The organisms are known to be extremely hardy, able to grow everywhere from the Antarctic tundra to the peaks of the Himalayas to volcanic lava fields to all manner of aquatic habitats.

Fujita said he was inspired by that impressive resilience.

“I began to wonder: could this small yet remarkably robust plant also survive in space?” he said.

His team started by studying a type of moss known as Physcomitrium patens in simulated space environments in a lab on Earth, including extreme hot and cold temperatures, vacuum conditions and high levels of UV radiation.

They determined that moss sporophytes — encapsulated spores that function as reproductive structures — were the parts of moss most likely to survive in space because they seemed able to endure high levels of UV radiation. The spores were also capable of germinating after being exposed to both scorching temperatures of 131 degrees Fahrenheit for a month and minus 320 degrees F for over a week.

So in March 2022, the researchers sent hundreds of moss sporophytes to the International Space Station aboard a cargo spacecraft made by the aerospace company Northrop Grumman. Astronauts at the orbiting outpost attached the sporophyte samples to the outside of the space station, where they remained for 283 days.

The moss samples were then returned to Earth on a SpaceX cargo mission in January 2023.

The researchers found that over 80% of the spores survived their nine-month stint outside the space station. Of those, almost 90% were able to germinate again in a lab on Earth.

Space moss spores after germination. (Dr. Chang-hyun Maeng and Maika Kobayashi)

Space moss spores after germination on Earth. (Dr. Chang-hyun Maeng and Maika Kobayashi)

“We expected almost zero survival, but the result was the opposite: most of the spores survived,” Fujita said. “We were genuinely astonished by the extraordinary durability of these tiny plant cells.”

In the study, the researchers said the structure encasing the spores may have acted as protection against the harmful effects of UV radiation. These structures were likely an evolutionary adaptation hundreds of millions of years ago, the study authors wrote, to protect early plants during mass extinction events as they started colonizing dry land.

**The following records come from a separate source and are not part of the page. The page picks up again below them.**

-- ===== src/Application/ControlDeck/Accepted.antt =====
-- A legal command of `submit_control` of backend/app/application/control_deck.py is recorded, and
-- `read_trace` of backend/app/application/temporary_history.py shows it.
use organization_ai.Base.{
  ℕ, String, Option, none, some, List, [], ◌∷◌, ◌++◌, ◌≡◌, refl, ap, sym, ◌∙◌, subst,
}
use organization_ai.Base.Result.{Result, ok}
use organization_ai.Domain.Control.Vocabulary.{PlannedControlEvent}
use organization_ai.Persistence.Rows.{DecisionRow, EventRow, Database, StoredTrace}
use organization_ai.Persistence.Repository.{find_trace, insert_rows, add_control_event}
use organization_ai.Persistence.Appended.{find_trace-add_control_event}
use organization_ai.Persistence.Engine.{Engine}
use organization_ai.Persistence.Engine.Keys.{IsConsistent}
use organization_ai.Application.Views.{TraceReadModel, ServiceError, to_trace_model, lift}
use organization_ai.Application.Sound.{IsReplayable, IsSound, Shows, to_trace_model-Shows}
use organization_ai.Application.History.{Effects, read_trace}
use organization_ai.Application.ControlDeck.{
  ControlRequest, plan_on, control_event, after_control_flush, append_control, receipt_of,
  control_locked, submit_control,
}
use organization_ai.Application.ControlDeck.Appended.{
  with_event, control_event_above, IsReplayable-with_event,
}
use organization_ai.Application.ControlDeck.Atomic.{fingerprint_of, Appends}
use organization_ai.Application.ControlDeck.Sound.{
  submit_control-locked, assert_present-some, decision_same,
}

control_event-trace_id :
    (fx : Effects) (rq : ControlRequest) (fingerprint : String) (stored : StoredTrace)
    (planned : PlannedControlEvent)
    → (control_event fx rq fingerprint stored planned).trace_id ≡ rq.trace_id
unfolding control_event
control_event-trace_id fx rq fingerprint stored planned = refl

pub to_trace_model-with_event :
    (stored : StoredTrace) (e : EventRow) (es : List EventRow)
    → to_trace_model stored es ≡ to_trace_model (with_event stored e) es
unfolding to_trace_model
to_trace_model-with_event stored e es = refl

read_trace-found :
    (db : Database) (rq : ControlRequest) {stored : StoredTrace} {view : TraceReadModel}
    → find_trace db rq.trace_id ≡ some stored
    → to_trace_model stored stored.events ≡ ok view
    → read_trace rq.trace_id db ≡ ok view
unfolding read_trace
read_trace-found db rq found shown = rw (found, read_trace, shown) refl

module _ (engine : Engine) (sha256 : List ℕ → String) (fx : Effects) (others : Database → Database)
    (rq : ControlRequest) (db : Database) (stored : StoredTrace) (decision : DecisionRow)
    (planned : PlannedControlEvent) (found : find_trace db rq.trace_id ≡ some stored)
    (fresh : receipt_of engine sha256 fx others rq db ≡ none)
    (has_decision : stored.decision ≡ some decision)
    (plans : plan_on rq stored decision ≡ ok planned) where
  abbrev event : EventRow
  event = control_event fx rq (fingerprint_of sha256 rq) stored planned

  control_locked-planned :
      control_locked engine sha256 fx others rq (fingerprint_of sha256 rq) (some stored) db
      ≡ append_control engine sha256 fx others rq (fingerprint_of sha256 rq) stored decision db
  unfolding control_locked
  control_locked-planned = rw (assert_present-some has_decision, control_locked, fresh) refl

  append_control-planned :
      append_control engine sha256 fx others rq (fingerprint_of sha256 rq) stored decision db
      ≡ after_control_flush rq
          (fingerprint_of sha256 rq)
          stored
          event
          (others db)
          (engine.flush (others db) (add_control_event event))
  unfolding append_control
  append_control-planned = rw (plans, append_control) refl

  submit_control-planned :
      (view : TraceReadModel)
      → IsConsistent (insert_rows (others db) (add_control_event event))
      → to_trace_model stored (stored.events ++ event ∷ []) ≡ ok view
      → submit_control engine sha256 fx others rq db
        ≡ (ok view, insert_rows (others db) (add_control_event event))
  unfolding after_control_flush
  submit_control-planned view kept shown =
      submit_control-locked engine sha256 fx others rq db
      ∙ ap
          (λ (locked : Option StoredTrace).
            control_locked engine sha256 fx others rq (fingerprint_of sha256 rq) locked db)
          found
      ∙ control_locked-planned
      ∙ append_control-planned
      ∙ rw
          (
            engine.flush_accepts (others db) (add_control_event event) kept,
            after_control_flush,
            shown,
          )
          refl

  -- With a trace that can be replayed, the call shows it with the event.
  pub shown-planned :
      IsReplayable stored
      → (view : TraceReadModel) × (to_trace_model
            (with_event stored event)
            (stored.events ++ event ∷ [])
          ≡ ok view)
        × Shows (with_event stored event) view
  shown-planned r = to_trace_model-Shows (with_event stored event) (
      IsReplayable-with_event rq stored r fx (fingerprint_of sha256 rq) planned (
        subst (λ (d : DecisionRow). plan_on rq stored d ≡ ok planned) (decision_same r has_decision)
          plans))

  pub Appends-planned :
      IsReplayable stored
      → IsConsistent (insert_rows (others db) (add_control_event event))
      → Appends fx
          (fingerprint_of sha256 rq)
          rq
          db
          (others db)
          (submit_control engine sha256 fx others rq db)
  Appends-planned r kept =
      let (view, shown, shows) = shown-planned r in
      let shown' = to_trace_model-with_event stored event (stored.events ++ event ∷ []) ∙ shown in
      let done = submit_control-planned view kept shown' in
      record {
        stored = stored;
        decision = decision;
        planned = planned;
        found = found;
        has_decision = has_decision;
        plans = plans;
        inserted = ap (λ (r : Result ServiceError TraceReadModel × Database). r.1) done;
        kept = kept;
        shown =
            ap (λ (r : Result ServiceError TraceReadModel × Database). r.0) done
            ∙ sym (ap lift shown');
      }

-- The request's trace is stored and can be replayed, its key has no receipt, the guard plans an
-- event, other transactions leave the locked trace as it is, and the event violates no constraint.
-- Then the call appends that one event and returns; the view shows the trace with the event at the end
-- of its events and the state that they replay to; and `read_trace` then gives the same view.
pub submit_control-read_trace :
    (engine : Engine) (sha256 : List ℕ → String) (fx : Effects) (others : Database → Database)
    (rq : ControlRequest) (db : Database) (stored : StoredTrace) (decision : DecisionRow)
    (planned : PlannedControlEvent)
    → IsSound db
    → find_trace (others db) rq.trace_id ≡ find_trace db rq.trace_id
    → find_trace db rq.trace_id ≡ some stored
    → receipt_of engine sha256 fx others rq db ≡ none
    → stored.decision ≡ some decision
    → plan_on rq stored decision ≡ ok planned
    → IsConsistent (
        insert_rows
          (others db)
          (add_control_event (control_event fx rq (fingerprint_of sha256 rq) stored planned)))
    → (view : TraceReadModel) × (submit_control engine sha256 fx others rq db ≡ (
      ok view,
      insert_rows
          (others db)
          (add_control_event (control_event fx rq (fingerprint_of sha256 rq) stored planned)),
    ))
      × Shows
          (with_event stored (control_event fx rq (fingerprint_of sha256 rq) stored planned))
          view
      × (read_trace rq.trace_id (submit_control engine sha256 fx others rq db).1 ≡ ok view)
submit_control-read_trace engine sha256 fx others rq db stored decision planned sound locked found
      fresh has_decision plans kept =
    let e = control_event fx rq (fingerprint_of sha256 rq) stored planned in
    let r = sound rq.trace_id stored found in
    let (view, shown, shows) =
      shown-planned engine sha256 fx others rq db stored decision planned found fresh has_decision
        plans r in
    let done =
      submit_control-planned engine sha256 fx others rq db stored decision planned found fresh
        has_decision plans view kept
        (to_trace_model-with_event stored e (stored.events ++ e ∷ []) ∙ shown) in
    (
      view,
      done,
      shows,
      rw (done) (
          read_trace-found (insert_rows (others db) (add_control_event e)) rq
            (find_trace-add_control_event (others db) rq.trace_id stored e (locked ∙ found)
              (control_event-trace_id fx rq (fingerprint_of sha256 rq) stored planned)
              (control_event_above rq stored r fx (fingerprint_of sha256 rq) planned))
            shown),
    )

Sporophyte sample from the space exposure experiment. (Tomomichi Fujita)

A sporophyte sample from the space exposure experiment. (Tomomichi Fujita)

The scientists said more research is needed, but it’s possible that mosses could survive in space for much longer, perhaps up to 15 years.

They said the findings could be used to develop future agricultural systems in space and to explore whether extraterrestrial soils can grow viable plants.

“Ultimately, we hope this work opens a new frontier toward constructing ecosystems in extraterrestrial environments such as the Moon and Mars,” Fujita said.